Fintech e brand di consumo si attrezzano per la generazione Alpha

di Virginia Scacchi
Oggi hanno da pochi mesi fino a 12 anni, in Italia sono poco più di 5 milioni. Sono i rappresentanti dell’Alpha generation, i nati dal 2010, quindi i primi stanno per diventare teenager. E molti devono ancora nascere, visto che questa fascia copre i nascituri fino al 2025. Mark McCrindle, il demografo che ha dato il nome a questa generazione, ha scelto la prima lettera dell’alfabeto greco per indicare una generazione nata tutta nel nuovo Millennio. Alpha arriva dopo la Gen Z (1995-2010): i loro genitori sono i Millennials (nati tra il 1980 e il 1995), ma anche una parte della Gen X (1965-1980). «McCrindle stima che entro la metà del decennio saranno oltre 2 miliardi i giovani consumatori della Alpha generation. Dovrebbe essere la più ampia generazione in assoluto, in un mondo che sta vivendo l’ascesa strutturale dell’Asia. Si tratta ovviamente di una generazione digitale», afferma Swetha Ramachandran, responsabile del fondo Gam Luxury Brands Equity di Gam Investments.
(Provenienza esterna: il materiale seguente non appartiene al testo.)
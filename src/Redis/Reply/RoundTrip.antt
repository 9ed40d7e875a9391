-- ===== src/Redis/Reply/RoundTrip.antt =====
-- redis/parser.go: what a node writes, `parseReply` reads back.
use smartproxy.Common.{
  ℕ, zero, suc, ◌+◌, take, ◌^◌, ◌≤◌, ◌<◌, ◌≡◌, refl, sym, ◌∙◌, ap, false, [], ◌∷◌, ◌++◌,
  append_assoc, Bytes, codes, ltb, arith, length, length-append, take-append_length,
  drop-append_length, All, bytes_eq,
}
use smartproxy.Common.Int.{ℤ, pos, negsuc}
use smartproxy.Text.{itoa, format_int, num, atoi}
use smartproxy.Text.Decimal.{
  IsDigit, length-itoa_le, itoa-All, parse_int-itoa, Fits64, parse_int-format_int,
}
use smartproxy.Errors.{Error, redis_error, nil_error}
use smartproxy.Wire.{Reader, Outcome, ok, failed, ◌>>=◌}
use smartproxy.Wire.RoundTrip.{
  reader, NoNewline, NoNewline-cr, cut_line-found, digits-NoNewline, length-itoa_small,
}
use smartproxy.Redis.Format.{
  Value, Values, nil, cons, nil_value, int_value, str_value, list_value, count, crlf, nil_bulk,
}
use smartproxy.Redis.Reply.{
  got_str, got_int, got_multi, drop_cr, line_of, read_line, read_n, is_too_long, read_bulk,
  number_reply, bulk_reply, multi_reply, on_reply, parse_with,
}

-- The bytes of a reply in the protocol of Redis, as a node writes them.
unfoldable mutual
  pub encode : Value → Bytes
  encode nil_value = nil_bulk
  encode (int_value v) = (b':' ∷ format_int v) ++ crlf
  encode (str_value s) = (b'$' ∷ itoa (length s)) ++ crlf ++ s ++ crlf
  encode (list_value vs) = (b'*' ∷ itoa (count vs)) ++ crlf ++ encode_all vs

  pub encode_all : Values → Bytes
  encode_all nil = []
  encode_all (cons v vs) = encode v ++ encode_all vs

-- What fits the parser: numbers and lengths fit int64, `make` takes the lists, and they are nested
-- at most as deep as the first argument.
unfoldable mutual
  pub Fits : ℕ → ℕ → Value → Type 0
  Fits max_cap depth nil_value = Unit
  Fits max_cap depth (int_value v) = Fits64 v
  Fits max_cap depth (str_value s) = length s < 2 ^ 63
  Fits max_cap zero (list_value vs) = ⊥
  Fits max_cap (suc depth) (list_value vs) =
      (count vs < 2 ^ 63) × (count vs ≤ max_cap) × FitsAll max_cap depth vs

  pub FitsAll : ℕ → ℕ → Values → Type 0
  FitsAll max_cap depth nil = Unit
  FitsAll max_cap depth (cons v vs) = Fits max_cap depth v × FitsAll max_cap depth vs

drop_cr-append : (s : Bytes) → drop_cr (s ++ 13 ∷ []) ≡ s
unfolding drop_cr
drop_cr-append [] = refl
drop_cr-append (c ∷ []) = refl
drop_cr-append (c ∷ d ∷ s) = ap (λ r. c ∷ r) (drop_cr-append (d ∷ s))

pub read_line_lem :
    (s rest : Bytes) (e : Error)
    → NoNewline s
    → length s < 4095
    → read_line (reader (s ++ 13 ∷ 10 ∷ rest) e) ≡ ok s (reader rest e)
unfolding read_line line_of
read_line_lem s rest e h k = rw (sym (append_assoc s (13 ∷ []) (10 ∷ rest))) (
    rw
      (cut_line-found 4096 (s ++ 13 ∷ []) rest (NoNewline-cr s h)
        (omega (arith, length-append s (13 ∷ []))))
      (ap (λ l. ok l (reader rest e)) (drop_cr-append s)))

read_n_lem :
    (xs rest : Bytes) (e : Error)
    → read_n (length xs) (reader (xs ++ rest) e) ≡ ok xs (reader rest e)
unfolding read_n
read_n_lem xs rest e =
    rw (not_short xs rest, take-append_length xs rest, drop-append_length xs rest) refl
  where
    not_short : (xs rest : Bytes) → ltb (length (xs ++ rest)) (length xs) ≡ false
    not_short xs rest = ground (arith, length-append xs rest)

not_too_long : (n len : ℕ) → n + 2 ≤ len → is_too_long n len ≡ false
unfolding is_too_long
not_too_long n len h = let e : ltb len (n + 2) ≡ false = ground arith in rw e refl

read_bulk-there : (n : ℕ) (r : Reader) → n + 2 ≤ length r.unread → read_bulk n r ≡ read_n (n + 2) r
unfolding read_bulk
read_bulk-there n r h = rw (not_too_long n (length r.unread) h) refl

bulk_fits : (s rest : Bytes) → length s + 2 ≤ length (s ++ 13 ∷ 10 ∷ rest)
bulk_fits s rest = omega (arith, length-append s (13 ∷ 10 ∷ rest))

digits_not_minus : (s : Bytes) → All IsDigit s → bytes_eq s (codes "-1") ≡ false
unfolding bytes_eq
digits_not_minus [] h = refl
digits_not_minus (c ∷ s) (hc, h) = ground arith

format_int-NoNewline : (v : ℤ) → NoNewline (format_int v)
unfolding format_int
format_int-NoNewline (pos n) = digits-NoNewline (itoa n) (itoa-All n)
format_int-NoNewline (negsuc n) = (omega arith, digits-NoNewline (itoa (suc n)) (itoa-All (suc n)))

length-format_int : (v : ℤ) → Fits64 v → length (format_int v) ≤ 20
unfolding format_int
length-format_int (pos n) h = omega (arith, length-itoa_small n h)
length-format_int (negsuc n) h = omega (arith, length-itoa_le 18 (suc n) (omega arith))

module _ (sprintf : Bytes → Bytes) where
  module _ {A : Type 0} (p : ℤ → Reader → Outcome A) where
    line-with :
        (s rest : Bytes) (e : Error)
        → NoNewline s
        → length s < 4095
        → parse_with sprintf p (reader (s ++ 13 ∷ 10 ∷ rest) e)
          ≡ on_reply sprintf p s (reader rest e)
    unfolding parse_with
    line-with s rest e h k = ap (λ o. o >>= on_reply sprintf p) (read_line_lem s rest e h k)

    pub parse-error :
        (s rest : Bytes) (e : Error)
        → NoNewline s
        → length s < 4094
        → parse_with sprintf p (reader ((b'-' ∷ s) ++ 13 ∷ 10 ∷ rest) e)
          ≡ failed (redis_error (sprintf s)) (reader rest e)
    unfolding on_reply
    parse-error s rest e h k = line-with (b'-' ∷ s) rest e (omega arith, h) (omega arith)

    pub parse-status :
        (s rest : Bytes) (e : Error)
        → NoNewline s
        → length s < 4094
        → parse_with sprintf p (reader ((b'+' ∷ s) ++ 13 ∷ 10 ∷ rest) e)
          ≡ ok (got_str s) (reader rest e)
    unfolding on_reply
    parse-status s rest e h k = line-with (b'+' ∷ s) rest e (omega arith, h) (omega arith)

    pub parse-int :
        (v : ℤ) (rest : Bytes) (e : Error)
        → Fits64 v
        → parse_with sprintf p (reader ((b':' ∷ format_int v) ++ 13 ∷ 10 ∷ rest) e)
          ≡ ok (got_int v) (reader rest e)
    unfolding on_reply number_reply
    parse-int v rest e h =
        line-with (b':' ∷ format_int v) rest e (omega arith, format_int-NoNewline v)
          (omega (arith, length-format_int v h))
        ∙ rw (parse_int-format_int v h) refl

    pub parse-nil :
        (rest : Bytes) (e : Error)
        → parse_with sprintf p (reader (nil_bulk ++ rest) e) ≡ failed nil_error (reader rest e)
    unfolding on_reply bytes_eq
    parse-nil rest e = line-with (codes "$-1") rest e (omega arith) (omega arith)

    bulk_lem :
        (digits s rest : Bytes) (e : Error)
        → bulk_reply sprintf p digits (num (pos (length s))) (reader (s ++ 13 ∷ 10 ∷ rest) e)
          ≡ ok (got_str s) (reader rest e)
    unfolding bulk_reply
    bulk_lem digits s rest e =
        ap (λ (o : Outcome Bytes). o >>= λ b r. ok (got_str (take (length s) b)) r)
          (read_bulk-there (length s) (reader (s ++ 13 ∷ 10 ∷ rest) e) (bulk_fits s rest))
        ∙ rw
            (
              sym (append_assoc s (13 ∷ 10 ∷ []) rest),
              sym (length-append s (13 ∷ 10 ∷ [])),
              read_n_lem (s ++ 13 ∷ 10 ∷ []) rest e,
              take-append_length s (13 ∷ 10 ∷ []),
            )
            refl

    pub parse-bulk :
        (s rest : Bytes) (e : Error)
        → length s < 2 ^ 63
        → parse_with sprintf p
            (reader ((b'$' ∷ itoa (length s)) ++ 13 ∷ 10 ∷ (s ++ 13 ∷ 10 ∷ rest)) e)
          ≡ ok (got_str s) (reader rest e)
    unfolding on_reply atoi
    parse-bulk s rest e h =
        line-with (b'$' ∷ itoa (length s)) (s ++ 13 ∷ 10 ∷ rest) e
          (omega arith, digits-NoNewline (itoa (length s)) (itoa-All (length s)))
          (omega (arith, length-itoa_small (length s) h))
        ∙ rw
            (
              digits_not_minus (itoa (length s)) (itoa-All (length s)),
              parse_int-itoa 64 (length s) h (omega arith),
            )
            (bulk_lem (itoa (length s)) s rest e)

    pub parse-multi :
        (n : ℕ) (rest : Bytes) (e : Error)
        → n < 2 ^ 63
        → parse_with sprintf p (reader ((b'*' ∷ itoa n) ++ 13 ∷ 10 ∷ rest) e)
          ≡ (p (pos n) (reader rest e) >>= λ a r. ok (got_multi a) r)
    unfolding on_reply multi_reply
    parse-multi n rest e h =
        line-with (b'*' ∷ itoa n) rest e (omega arith, digits-NoNewline (itoa n) (itoa-All n))
          (omega (arith, length-itoa_small n h))
        ∙ rw (digits_not_minus (itoa n) (itoa-All n), parse_int-itoa 64 n h (omega arith)) refl
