-- ===== src/Redis/Reply/Lists.antt =====
-- redis/command.go: lists as a node writes them and as `FormatSlice` and `FormatStringSlice` do.
use smartproxy.Common.{
  ℕ, suc, ◌^◌, ◌<◌, ◌≡◌, refl, sym, ◌∙◌, ap, List, [], ◌∷◌, ◌++◌, append_assoc, append-nil, Bytes,
  length,
}
use smartproxy.Redis.Format.{
  Values, nil, cons, nil_value, int_value, str_value, list_value, count, nil_bulk, format_string,
  format_strings, format_string_slice, add_values,
}
use smartproxy.Redis.Reply.RoundTrip.{encode, encode_all, Fits, FitsAll}

-- A list of texts and nils only, as `FormatSlice` writes it unchanged.
abbrev pub IsFlat : Values → Type 0
IsFlat nil = Unit
IsFlat (cons nil_value vs) = IsFlat vs
IsFlat (cons (str_value s) vs) = (length s < 2 ^ 63) × IsFlat vs
IsFlat (cons _ vs) = ⊥

unfoldable pub strings : List Bytes → Values
strings [] = nil
strings (s ∷ list) = cons (str_value s) (strings list)

abbrev pub AllShort : List Bytes → Type 0
AllShort [] = Unit
AllShort (s ∷ list) = (length s < 2 ^ 63) × AllShort list

pub IsFlat-FitsAll : (max_cap : ℕ) (vs : Values) → IsFlat vs → FitsAll max_cap 0 vs
unfolding FitsAll Fits
IsFlat-FitsAll max_cap nil h = h
IsFlat-FitsAll max_cap (cons nil_value vs) h = (tt, IsFlat-FitsAll max_cap vs h)
IsFlat-FitsAll max_cap (cons (str_value s) vs) (a, h) = (a, IsFlat-FitsAll max_cap vs h)
IsFlat-FitsAll max_cap (cons (int_value v) vs) h = elim h [ ]
IsFlat-FitsAll max_cap (cons (list_value ws) vs) h = elim h [ ]

pub add_values-encode_all :
    (out : Bytes) (vs : Values) → IsFlat vs → add_values out vs ≡ out ++ encode_all vs
unfolding add_values encode_all encode format_string
add_values-encode_all out nil h = sym (append-nil out)
add_values-encode_all out (cons nil_value vs) h =
    add_values-encode_all (out ++ nil_bulk) vs h ∙ append_assoc out nil_bulk (encode_all vs)
add_values-encode_all out (cons (str_value s) vs) (a, h) =
    add_values-encode_all (out ++ format_string s) vs h
    ∙ append_assoc out (format_string s) (encode_all vs)
add_values-encode_all out (cons (int_value v) vs) h = elim h [ ]
add_values-encode_all out (cons (list_value ws) vs) h = elim h [ ]

pub count-strings : (list : List Bytes) → count (strings list) ≡ length list
unfolding count strings
count-strings [] = refl
count-strings (s ∷ list) = ap suc (count-strings list)

format_strings-strings : (list : List Bytes) → format_strings list ≡ encode_all (strings list)
unfolding format_strings strings encode_all encode format_string
format_strings-strings [] = refl
format_strings-strings (s ∷ list) = ap (λ r. format_string s ++ r) (format_strings-strings list)

pub format_string_slice-strings :
    (list : List Bytes) → format_string_slice list ≡ encode (list_value (strings list))
unfolding format_string_slice encode
format_string_slice-strings list = rw (count-strings list, format_strings-strings list) refl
Il gestore cita una ricerca accademica contenuta in uno studio di Deloitte del 2021 «secondo la quale i bambini iniziano a riconoscere i marchi e a esprimere delle preferenze già a tre anni». Mentre si ragiona sulla generazione Z, c’è quindi già una nuova platea che si prepara e avanza. Per questo, «anche se la spesa a breve termine sembra destinata a essere dominata dai Millennials e, cosa sempre più importante, dai consumatori della Gen Z, i brand guardano al futuro, alla Generazione Alpha», aggiunge Ramachandran. I nati dal 2010, molti dei quali avranno fratelli maggiori della Genz Z, proporranno nuove dinamiche tecnologiche ancora tutte da comprendere ma sulle quali le aziende, non solo quelle dei beni di consumo, ma anche del fintech cominciano già a ragionare.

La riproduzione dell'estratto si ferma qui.